Data extracted from a collection
Start of Block
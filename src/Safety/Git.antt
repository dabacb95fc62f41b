-- ===== src/Safety/Git.antt =====
-- The checks of safety.rs on what follows a program that can both read and write: `git`, `find`
-- and `sed`.
use tunshell_mcp_agents.Prelude.{
  String, List, [], ◌∷◌, map, Option, none, some, Bool, true, false, ◌&&◌, ◌||◌, not, if◌then◌else◌,
  leb, length, any, find, select, ◌==◌,
}
use tunshell_mcp_agents.Safety.Words.{
  Text, text, is_in, starts_with, split_whitespace, basename, text_eq,
}

abbrev pub words : List String → List Text
words ws = map text ws

abbrev pub git_pure_ro : List Text
git_pure_ro = words (
    "status" ∷ "log" ∷ "diff" ∷ "show" ∷ "ls-files" ∷ "ls-tree" ∷ "rev-parse" ∷ "describe" ∷ "blame"
    ∷ "shortlog" ∷ "cat-file" ∷ "whatchanged" ∷ "grep" ∷ [])

abbrev pub git_branch_write_flags : List Text
git_branch_write_flags =
    words ("-d" ∷ "-D" ∷ "--delete" ∷ "-m" ∷ "-M" ∷ "--move" ∷ "-c" ∷ "-C" ∷ "--copy" ∷ [])

abbrev pub git_tag_write_flags : List Text
git_tag_write_flags = words (
    "-d" ∷ "--delete" ∷ "-a" ∷ "--annotate" ∷ "-s" ∷ "--sign" ∷ "-m" ∷ "--message" ∷ "-F" ∷ "--file"
    ∷ "-e" ∷ "--edit" ∷ "-f" ∷ "--force" ∷ [])

abbrev pub config_write : List Text
config_write = words (
    "--unset" ∷ "--unset-all" ∷ "--add" ∷ "--replace-all" ∷ "--rename-section" ∷ "--remove-section"
    ∷ "-e" ∷ "--edit" ∷ [])

abbrev pub config_read : List Text
config_read = words (
    "--get" ∷ "--get-all" ∷ "--get-regexp" ∷ "--get-urlmatch" ∷ "--list" ∷ "-l" ∷ "--get-color"
    ∷ "--get-colorbool" ∷ [])

abbrev pub find_write_actions : List Text
find_write_actions =
    words
      ("-exec" ∷ "-execdir" ∷ "-ok" ∷ "-okdir" ∷ "-delete" ∷ "-fprintf" ∷ "-fprint" ∷ "-fls" ∷ [])

-- `!t.starts_with('-')`
abbrev pub is_positional : Text → Bool
is_positional t = not (starts_with t (text "-"))

unfoldable pub git_branch_or_tag_ro : List Text → List Text → Bool
git_branch_or_tag_ro after write_flags =
    let has_write_flag = any (λ t. is_in write_flags t) after in
    let has_positional = any is_positional after in not has_write_flag && not has_positional

unfoldable pub git_config_ro : List Text → Bool
git_config_ro after =
    if any (λ t. is_in config_write t) after
    then false
    else if any (λ t. is_in config_read t) after
    then true
    else leb (length (select is_positional after)) 1

-- `None | Some("show") | Some(other)` of the first positional word.
abbrev pub shows_or : Text → Option Text → Bool
shows_or other none = true
shows_or other (some t) = basename t == text "show" || basename t == other

unfoldable pub git_remote_ro : List Text → Bool
unfolding basename
git_remote_ro after = shows_or (text "get-url") (find is_positional after)

unfoldable pub git_reflog_ro : List Text → Bool
unfolding basename
git_reflog_ro after = shows_or (text "exists") (find is_positional after)

-- The words from the first positional one on.
abbrev pub from_positional : List Text → List Text
from_positional [] = []
from_positional (t ∷ ts) = let rest = from_positional ts in if is_positional t then t ∷ ts else rest

unfoldable pub git_subcommand : Text → List Text → Bool
unfolding git_branch_or_tag_ro git_config_ro git_remote_ro git_reflog_ro
git_subcommand sub after =
    if is_in git_pure_ro sub
    then true
    else if sub == text "branch"
    then git_branch_or_tag_ro after git_branch_write_flags
    else if sub == text "tag"
    then git_branch_or_tag_ro after git_tag_write_flags
    else if sub == text "config"
    then git_config_ro after
    else if sub == text "remote"
    then git_remote_ro after
    else if sub == text "reflog"
    then git_reflog_ro after
    else false

unfoldable pub git_words : List Text → Bool
unfolding basename
git_words [] = false
git_words (t ∷ after) = git_subcommand (basename t) after

unfoldable pub git_is_readonly : List Text → Bool
git_is_readonly rest = git_words (from_positional rest)

unfoldable pub find_is_readonly : Text → Bool
unfolding split_whitespace
find_is_readonly segment = not (any (λ t. is_in find_write_actions t) (split_whitespace segment))

abbrev pub edits_in_place : Text → Bool
edits_in_place t =
    t == text "-i"
    || starts_with t (text "-i")
    || t == text "--in-place"
    || starts_with t (text "--in-place=")

unfoldable pub sed_in_place : Text → Bool
unfolding split_whitespace
sed_in_place segment = any edits_in_place (split_whitespace segment)
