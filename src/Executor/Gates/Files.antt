-- ===== src/Executor/Gates/Files.antt =====
-- What the functions of files.rs and transfer.rs do is permitted, those that write in the modes
-- that allow to.
use tunshell_mcp_agents.Prelude.{
  ℕ, ◌≡◌, refl, ◌+◌, ◌-◌, min, max, List, [], ◌∷◌, Option, none, some, Bool, true, false, ◌&&◌, not,
  all, select, length, map, ◌==◌, arith, Bool-cases, inl, inr, subst, ltb, leb,
}
use tunshell_mcp_agents.Relay.Types.{AgentMode}
use tunshell_mcp_agents.Safety.Words.{Text, trim, is_empty, text_eq}
use tunshell_mcp_agents.Safety.Commands.{SecurityConfig}
use tunshell_mcp_agents.Executor.Files.{
  stat, read_chunk, read_chunk_raw, walk_dir, delete_all, delete_one, thumbnail, search,
  receive_chunk, receive_chunk_raw, receive_decoded, finish_file, verify_sha, is_allowed,
  allowed_roots, search_roots, in_u64, is_nil, lower,
}
use tunshell_mcp_agents.Executor.Gates.{
  is_write, given_paths, commands_of, permitted, require-All, call-All, path-All, if-All, Safe,
  return-Safe, bail-Safe,
}
use tunshell_mcp_agents.Executor.Gates.Walk.{walk_entries-Safe}
use tunshell_mcp_agents.Executor.Types.{
  allows_write, return, require, call, map_run, SearchKind, Effect, FileKind, Environment, Run,
  stats, probes_size, reads_slice, reads_dir, decodes_image, searches, hashes, creates_parents,
  writes_at, sets_len, removes, over_transfer_limit, empty_query, no_allowed_roots, not_a_directory,
  file_or_link, directory, missing, unreadable, offset_past_end, offset_overflow, sha_mismatch,
  bad_base64,
}

pub all_mono :
    {A : Type 0} (p q : A → Bool) (xs : List A)
    → ((x : A) → p x ≡ true → q x ≡ true)
    → all p xs ≡ true
    → all q xs ≡ true
all_mono p q [] f h = refl
all_mono p q (x ∷ xs) f h = elim (Bool-cases (p x)) [
  | inl e ↦ rw (f x e) (all_mono p q xs f (subst (λ b. b && all p xs ≡ true) e h))
  | inr e ↦ absurd (ground (arith, e, h))
]

-- `sec` is the configuration that the functions are given, `policy` that of the agent.
module _ (env : Environment) (mode : AgentMode) (sec policy : SecurityConfig)
    (agree : (path : Text)
      → is_allowed env sec path ≡ true
      → is_allowed env policy path ≡ true) where
  abbrev P : Effect → Bool
  P = permitted env mode policy

  abbrev AllPermitted : {A : Type 0} → Run A → Type 0
  AllPermitted run = Safe P run

  -- An effect on one path.
  pub reads_permitted :
      (e : Effect) (path : Text)
      → is_write e ≡ false
      → given_paths e ≡ path ∷ []
      → commands_of e ≡ []
      → is_allowed env sec path ≡ true
      → P e ≡ true
  unfolding permitted
  reads_permitted e path w t c a = rw (w, t, c, agree path a) refl

  pub writes_permitted :
      (e : Effect) (path : Text)
      → allows_write mode ≡ true
      → given_paths e ≡ path ∷ []
      → commands_of e ≡ []
      → is_allowed env sec path ≡ true
      → P e ≡ true
  unfolding permitted
  writes_permitted e path w t c a = ground (arith, w, t, c, agree path a)

  pub stat-permitted : (path : Text) → AllPermitted (stat env sec path)
  unfolding stat is_write given_paths commands_of
  stat-permitted path = path-All P env sec path _ (λ a.
      call-All P env (stats path) _ (reads_permitted (stats path) path refl refl refl a)
        (return-Safe P _))

  read_chunk_raw-permitted :
      (path : Text) (offset len : ℕ) → AllPermitted (read_chunk_raw env sec path offset len)
  unfolding read_chunk_raw is_write given_paths commands_of
  read_chunk_raw-permitted path offset len = path-All P env sec path _ (λ a.
      call-All P env (stats path) _ (reads_permitted (stats path) path refl refl refl a) (
        require-All P (leb offset (env.file_size path)) offset_past_end _ (λ o.
          call-All P env _ _
            (reads_permitted (reads_slice path offset (min len (env.file_size path - offset))) path
              refl refl refl a)
            (return-Safe P _))))

  pub read_chunk-permitted :
      (path : Text) (offset len : ℕ) → AllPermitted (read_chunk env sec path offset len)
  unfolding read_chunk permitted is_write given_paths commands_of
  read_chunk-permitted path offset len =
      let chunk = read_chunk_raw-permitted path offset len in
      if-All P (ltb 0 sec.max_transfer_size) _ _
        (call-All P env (probes_size path) _ refl (
          require-All P (leb (env.file_size path) sec.max_transfer_size) over_transfer_limit _
            (λ l. chunk)))
        chunk

  pub walk_dir-permitted :
      (root : Text) (with_hash : Bool) (exclude : List Text)
      → AllPermitted (walk_dir env sec root with_hash exclude)
  unfolding walk_dir is_write given_paths commands_of permitted
  walk_dir-permitted root with_hash exclude = path-All P env sec root _ (λ a.
      require-All P (env.is_dir root) not_a_directory _ (λ d.
        call-All P env (reads_dir root) _ (reads_permitted (reads_dir root) root refl refl refl a) (
          walk_entries-Safe env root with_hash exclude P
            (record { on_stat = λ p. refl; on_hash = λ p h. refl; on_dir = λ p h. refl })
            (env.listing root) _ (return-Safe P _))))

  pub thumbnail-permitted :
      (path : Text) (max_px : ℕ) → AllPermitted (thumbnail env sec path max_px)
  unfolding thumbnail is_write given_paths commands_of
  thumbnail-permitted path max_px = path-All P env sec path _ (λ a.
      call-All P env (decodes_image path _) _
        (reads_permitted (decodes_image path _) path refl refl refl a) (return-Safe P _))

  all-select : (p : Text → Bool) (xs : List Text) → all p (select p xs) ≡ true
  all-select p [] = refl
  all-select p (x ∷ xs) = elim (Bool-cases (p x)) [
    | inl h ↦ rw h (rw h (all-select p xs))
    | inr h ↦ rw h (all-select p xs)
  ]

  -- A search sees the roots that the policy allows, and no other.
  pub search-permitted :
      (roots : List Text) (query : Text) (kind : SearchKind)
      → AllPermitted (search env sec roots query kind)
  unfolding search permitted is_write given_paths commands_of allowed_roots
  search-permitted roots query kind =
      let allowed = allowed_roots env sec roots in
      let found =
        call env
          (searches allowed query kind (max 1 sec.search_max_results) sec.search_timeout_secs)
          (return tt) in
      require-All P (not (is_empty (trim query))) empty_query
        (require (not (is_nil env sec allowed)) no_allowed_roots found)
        (λ q. require-All P (not (is_nil env sec allowed)) no_allowed_roots found (λ r.
          call-All P env
            (searches allowed query kind (max 1 sec.search_max_results) sec.search_timeout_secs)
            (return tt)
            (rw
              (all_mono (is_allowed env sec) (is_allowed env policy) allowed agree
                (all-select (is_allowed env sec) (search_roots env sec roots)))
              refl)
            (return-Safe P tt)))

  module _ (w : allows_write mode ≡ true) where
    delete_one-permitted :
        (path : Text) (kind : FileKind) (rest : Run ℕ)
        → is_allowed env sec path ≡ true
        → AllPermitted rest
        → AllPermitted (delete_one env sec path kind rest)
    unfolding Safe delete_one map_run is_write given_paths commands_of
    delete_one-permitted path file_or_link rest a h =
        call-All P env (stats path) _ (reads_permitted (stats path) path refl refl refl a)
          (call-All P env (removes path) _ (writes_permitted (removes path) path w refl refl a) h)
    delete_one-permitted path directory rest a h =
        call-All P env (stats path) _ (reads_permitted (stats path) path refl refl refl a) h
    delete_one-permitted path missing rest a h =
        rw (reads_permitted (stats path) path refl refl refl a) h
    delete_one-permitted path unreadable rest a h =
        rw (reads_permitted (stats path) path refl refl refl a) refl

    pub delete_all-permitted : (paths : List Text) → AllPermitted (delete_all env sec paths)
    unfolding delete_all
    delete_all-permitted [] = return-Safe P 0
    delete_all-permitted (p ∷ paths) = path-All P env sec p _ (λ a.
        delete_one-permitted p (env.kind_of p) (delete_all env sec paths) a
          (delete_all-permitted paths))

    verify_sha-permitted :
        (dest : Text) (expected : Option Text)
        → is_allowed env sec dest ≡ true
        → AllPermitted (verify_sha env sec dest expected)
    unfolding verify_sha is_write given_paths commands_of
    verify_sha-permitted dest none a = return-Safe P tt
    verify_sha-permitted dest (some expected) a =
        call-All P env (hashes dest) _ (reads_permitted (hashes dest) dest refl refl refl a) (
          require-All P (map (lower env sec) (env.sha256_file dest) == map (lower env sec) expected)
            sha_mismatch (return tt) (λ s. return-Safe P tt))

    finish_file-permitted :
        (eof : Bool) (dest : Text) (end : ℕ) (expected : Option Text)
        → is_allowed env sec dest ≡ true
        → AllPermitted (finish_file env sec eof dest end expected)
    unfolding finish_file given_paths commands_of
    finish_file-permitted false dest end expected a = return-Safe P tt
    finish_file-permitted true dest end expected a =
        call-All P env (sets_len dest end) _
          (writes_permitted (sets_len dest end) dest w refl refl a)
          (verify_sha-permitted dest expected a)

    pub receive_chunk_raw-permitted :
        (dest : Text) (offset : ℕ) (bytes : List ℕ) (eof : Bool) (expected : Option Text)
        → AllPermitted (receive_chunk_raw env sec dest offset bytes eof expected)
    unfolding receive_chunk_raw given_paths commands_of
    receive_chunk_raw-permitted dest offset bytes eof expected = path-All P env sec dest _ (λ a.
        require-All P _ offset_overflow _ (λ o.
          call-All P env (creates_parents dest) _
            (writes_permitted (creates_parents dest) dest w refl refl a)
            (call-All P env (writes_at dest offset bytes) _
              (writes_permitted (writes_at dest offset bytes) dest w refl refl a)
              (finish_file-permitted eof dest (offset + length bytes) expected a))))

    receive_decoded-permitted :
        (dest : Text) (offset : ℕ) (bytes : Option (List ℕ)) (eof : Bool) (expected : Option Text)
        → AllPermitted (receive_decoded env sec dest offset bytes eof expected)
    unfolding receive_decoded
    receive_decoded-permitted dest offset none eof expected = bail-Safe Unit P bad_base64
    receive_decoded-permitted dest offset (some bytes) eof expected =
        let chunk = receive_chunk_raw-permitted dest offset bytes eof expected in
        let end = offset + length bytes in
        let run = receive_chunk_raw env sec dest offset bytes eof expected in
        let within = leb end sec.max_transfer_size in
        if-All P (ltb 0 sec.max_transfer_size) _ _
          (require-All P (in_u64 env sec end) offset_overflow
            (require within over_transfer_limit run)
            (λ o. require-All P within over_transfer_limit run (λ l. chunk)))
          chunk

    pub receive_chunk-permitted :
        (dest : Text) (offset : ℕ) (bytes_b64 : Text) (eof : Bool) (expected : Option Text)
        → AllPermitted (receive_chunk env sec dest offset bytes_b64 eof expected)
    unfolding receive_chunk
    receive_chunk-permitted dest offset bytes_b64 eof expected =
        receive_decoded-permitted dest offset (env.decode_base64 bytes_b64) eof expected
End of Block
ACTION ITEM: Of all the entries above, output exactly the lines between the one holding "(reads_permitted (decodes_image path" and the one holding "rw (reads_permitted (stats path) path refl refl refl a) h", inclusive.

WRITTEN ANSWER:
        (reads_permitted (decodes_image path _) path refl refl refl a) (return-Safe P _))

  all-select : (p : Text → Bool) (xs : List Text) → all p (select p xs) ≡ true
  all-select p [] = refl
  all-select p (x ∷ xs) = elim (Bool-cases (p x)) [
    | inl h ↦ rw h (rw h (all-select p xs))
    | inr h ↦ rw h (all-select p xs)
  ]

  -- A search sees the roots that the policy allows, and no other.
  pub search-permitted :
      (roots : List Text) (query : Text) (kind : SearchKind)
      → AllPermitted (search env sec roots query kind)
  unfolding search permitted is_write given_paths commands_of allowed_roots
  search-permitted roots query kind =
      let allowed = allowed_roots env sec roots in
      let found =
        call env
          (searches allowed query kind (max 1 sec.search_max_results) sec.search_timeout_secs)
          (return tt) in
      require-All P (not (is_empty (trim query))) empty_query
        (require (not (is_nil env sec allowed)) no_allowed_roots found)
        (λ q. require-All P (not (is_nil env sec allowed)) no_allowed_roots found (λ r.
          call-All P env
            (searches allowed query kind (max 1 sec.search_max_results) sec.search_timeout_secs)
            (return tt)
            (rw
              (all_mono (is_allowed env sec) (is_allowed env policy) allowed agree
                (all-select (is_allowed env sec) (search_roots env sec roots)))
              refl)
            (return-Safe P tt)))

  module _ (w : allows_write mode ≡ true) where
    delete_one-permitted :
        (path : Text) (kind : FileKind) (rest : Run ℕ)
        → is_allowed env sec path ≡ true
        → AllPermitted rest
        → AllPermitted (delete_one env sec path kind rest)
    unfolding Safe delete_one map_run is_write given_paths commands_of
    delete_one-permitted path file_or_link rest a h =
        call-All P env (stats path) _ (reads_permitted (stats path) path refl refl refl a)
          (call-All P env (removes path) _ (writes_permitted (removes path) path w refl refl a) h)
    delete_one-permitted path directory rest a h =
        call-All P env (stats path) _ (reads_permitted (stats path) path refl refl refl a) h
    delete_one-permitted path missing rest a h =
        rw (reads_permitted (stats path) path refl refl refl a) h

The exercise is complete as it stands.